We did one a couple winters ago. Still was maybe 6" of water or better in the bottom of the above ground pool, they insisted on removal. Can't remember how much I got approval for. I never thought I'd have to purchase pick axe's for my guys, and it was the first and last time we've ever used them.


----------



## Guest (Mar 6, 2012)

SwiftRes said:


> We did one a couple winters ago. Still was maybe 6" of water or better in the bottom of the above ground pool, they insisted on removal. Can't remember how much I got approval for. I never thought I'd have to purchase pick axe's for my guys, and it was the first and last time we've ever used them.


Did one 2 winters ago. Was full of water(ice)18' round $2500 chop down and haul away.:clap:


----------



## SwiftRes (Apr 12, 2012)

Ouch. That's some ice. 



mbobbish734 said:


> Did one 2 winters ago. Was full of water(ice)18' round $2500 chop down and haul away.:clap:


----------



## Guest (Mar 6, 2012)

SwiftRes said:


> Ouch. That's some ice.


Three guys with axes for about 4 hrs. Wish I took more pics it was for an agent. Ice was there till may.


----------



## mtmtnman (May 1, 2012)

Chainsaws are a LOT less work on ice. I use one i found in a repo on plow burms that are frozen solid..............


----------



## SwiftRes (Apr 12, 2012)

That sentence right there makes me glad I don't plow snow.



mtmtnman said:


> I use one i found in a repo on plow burms that are frozen solid..............


----------



## mtmtnman (May 1, 2012)

SwiftRes said:


> That sentence right there makes me glad I don't plow snow.

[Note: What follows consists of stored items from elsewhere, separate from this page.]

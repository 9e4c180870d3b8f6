-- ===== src/Runner/Random.antt =====
-- rand_interval and add_random_spread of src/runner.c.
use native.Mathlib.Nat.{lt-div-mul-add}
use simet_lmapd.Base.{
  ℕ, ◌+◌, ◌-◌, ◌*◌, ◌/◌, ◌%◌, ◌^◌, ◌≤◌, ◌<◌, ◌≡◌, refl, true, false, List, [], ◌∷◌, Option, none,
  some, arith, ap, ◌++◌, leb, Bool-cases, All, ◌⊎◌, inl, inr,
}
use simet_lmapd.Data.Event.{rand_max}

-- `1 + max - min`, in an unsigned int.
unfoldable pub range_of : ℕ → ℕ → ℕ
range_of lo hi = (1 + hi + 2 ^ 32 - lo) % 2 ^ 32

-- The loop over the numbers that rand() yields, up to the first that is below the limit.
unfoldable pub draw : ℕ → List ℕ → Option ℕ
draw limit [] = none
draw limit (r ∷ rs) = elim (leb limit r) [ true ↦ draw limit rs | false ↦ some r ]

-- `none` while the loop goes on.
unfoldable pub rand_interval : ℕ → ℕ → List ℕ → Option ℕ
unfolding draw range_of
rand_interval lo hi rs =
    let buckets = rand_max / range_of lo hi in
    elim (draw (buckets * range_of lo hi) rs) [ none ↦ none | some r ↦ some (lo + r / buckets) ]

-- The numbers are rejected up to one that is drawn.
draw_cases :
    (limit : ℕ) (rs : List ℕ)
    → (All (λ r. limit ≤ r) rs × (draw limit rs ≡ none))
      ⊎ ((before : List ℕ) × (r : ℕ) × (rest : List ℕ) × (rs ≡ before ++ r ∷ rest)
          × All (λ x. limit ≤ x) before
          × (r < limit)
          × (draw limit rs ≡ some r))
unfolding draw
draw_cases limit [] = inl (tt, refl)
draw_cases limit (x ∷ rs) = elim (Bool-cases (leb limit x)) [
  | inr below ↦ inr ([], x, rs, refl, tt, ground arith, rw (below, draw) refl)
  | inl above ↦ elim (draw_cases limit rs) [
    | inl (rejected, e) ↦ inl ((ground arith, rejected), rw (above, draw) e)
    | inr (before, r, rest, split, rejected, h, e) ↦ inr (
      x ∷ before,
      r,
      rest,
      ap (λ l. x ∷ l) split,
      (ground arith, rejected),
      h,
      rw (above, draw) e,
    )
  ]
]

bucket-lt : (r b n : ℕ) → r < b * n → r / b < n
bucket-lt r b n h = grind arith

range_of_lem : (lo hi : ℕ) → lo ≤ hi → hi < rand_max → range_of lo hi ≡ 1 + hi - lo
unfolding range_of
range_of_lem lo hi p q = omega arith

-- The numbers that the loop accepts.
abbrev pub limit_of : ℕ → ℕ → ℕ
limit_of lo hi = rand_max / range_of lo hi * range_of lo hi

in_bucket : (r b n : ℕ) → r < b * n → (r / b * b ≤ r) × (r < (r / b + 1) * b)
in_bucket r b n h = (grind arith, grind arith)

-- The numbers below the limit that stand for one value.
abbrev pub buckets_of : ℕ → ℕ → ℕ
buckets_of lo hi = rand_max / range_of lo hi

-- For bounds lo up to hi, below RAND_MAX: the loop goes on while every number is at or above the limit, and
-- ends at the first number r below it, with the value lo + k between the bounds for which r is in the k-th of the
-- equal classes of numbers below the limit; and of the numbers up to RAND_MAX at most as many are
-- rejected as the interval has values.
pub rand_interval_lem :
    (lo hi : ℕ) (rs : List ℕ)
    → lo ≤ hi
    → hi < rand_max
    → (rand_max < limit_of lo hi + (1 + hi - lo))
      × ((All (λ r. limit_of lo hi ≤ r) rs × (rand_interval lo hi rs ≡ none))
          ⊎ ((before : List ℕ) × (r : ℕ) × (rest : List ℕ) × (k : ℕ) × (rs ≡ before ++ r ∷ rest)
              × All (λ x. limit_of lo hi ≤ x) before
              × (r < limit_of lo hi)
              × (rand_interval lo hi rs ≡ some (lo + k))
              × (lo + k ≤ hi)
              × (k * buckets_of lo hi ≤ r)
              × (r < (k + 1) * buckets_of lo hi)))
unfolding rand_interval
rand_interval_lem lo hi rs p q = (
  few,
  elim (draw_cases (limit_of lo hi) rs) [
    | inl (rejected, e) ↦ inl (rejected, rw (e, rand_interval) refl)
    | inr (before, r, rest, split, rejected, h, e) ↦
        let b = bucket-lt r (buckets_of lo hi) (range_of lo hi) h in
        let (low, high) = in_bucket r (buckets_of lo hi) (range_of lo hi) h in
        inr (
          before,
          r,
          rest,
          r / buckets_of lo hi,
          split,
          rejected,
          h,
          rw (e, rand_interval) refl,
          omega (arith, b, size),
          low,
          high,
        )
  ],
)
  where
    size : range_of lo hi ≡ 1 + hi - lo
    size = range_of_lem lo hi p q

    few : rand_max < limit_of lo hi + (1 + hi - lo)
    few = rw size (lt-div-mul-add {a = rand_max} (omega arith))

I'll plow over mowing any day. That said i have the proper equipment. Vee plow on my truck, ATV with plow, Multiple walk behind blowers and a 30HP utility tractor with a loader and a 60" PTO powered blower. Unfortunately i am 20K behind on snow removal this winter due to lack of snow!!!


----------



## GTX63 (Apr 12, 2012)

Depending on who the National is, you could just deny it and either "all their other vendors" will jump on it, or they will call you back.
They counter with $325.
You counter with $700.
They counter with $330.
You counter with $725.
They say final offer is $330.
You agree that final offer is $750.


----------



## thanohano44 (Aug 5, 2012)

FremontREO said:


> And they will want the depression filled too?


Isn't that HUD standard?


----------



## thanohano44 (Aug 5, 2012)

GTX63 said:


> Depending on who the National is, you could just deny it and either "all their other vendors" will jump on it, or they will call you back.
> They counter with $325.
> You counter with $700.
> They counter with $330.
> ...


Yup


----------



## Guest (Mar 10, 2012)

I went by property yesterday and the pool was gone. I guess there are some out there that will work for nothing.to bad they left the pump and sand container behind:whistling


----------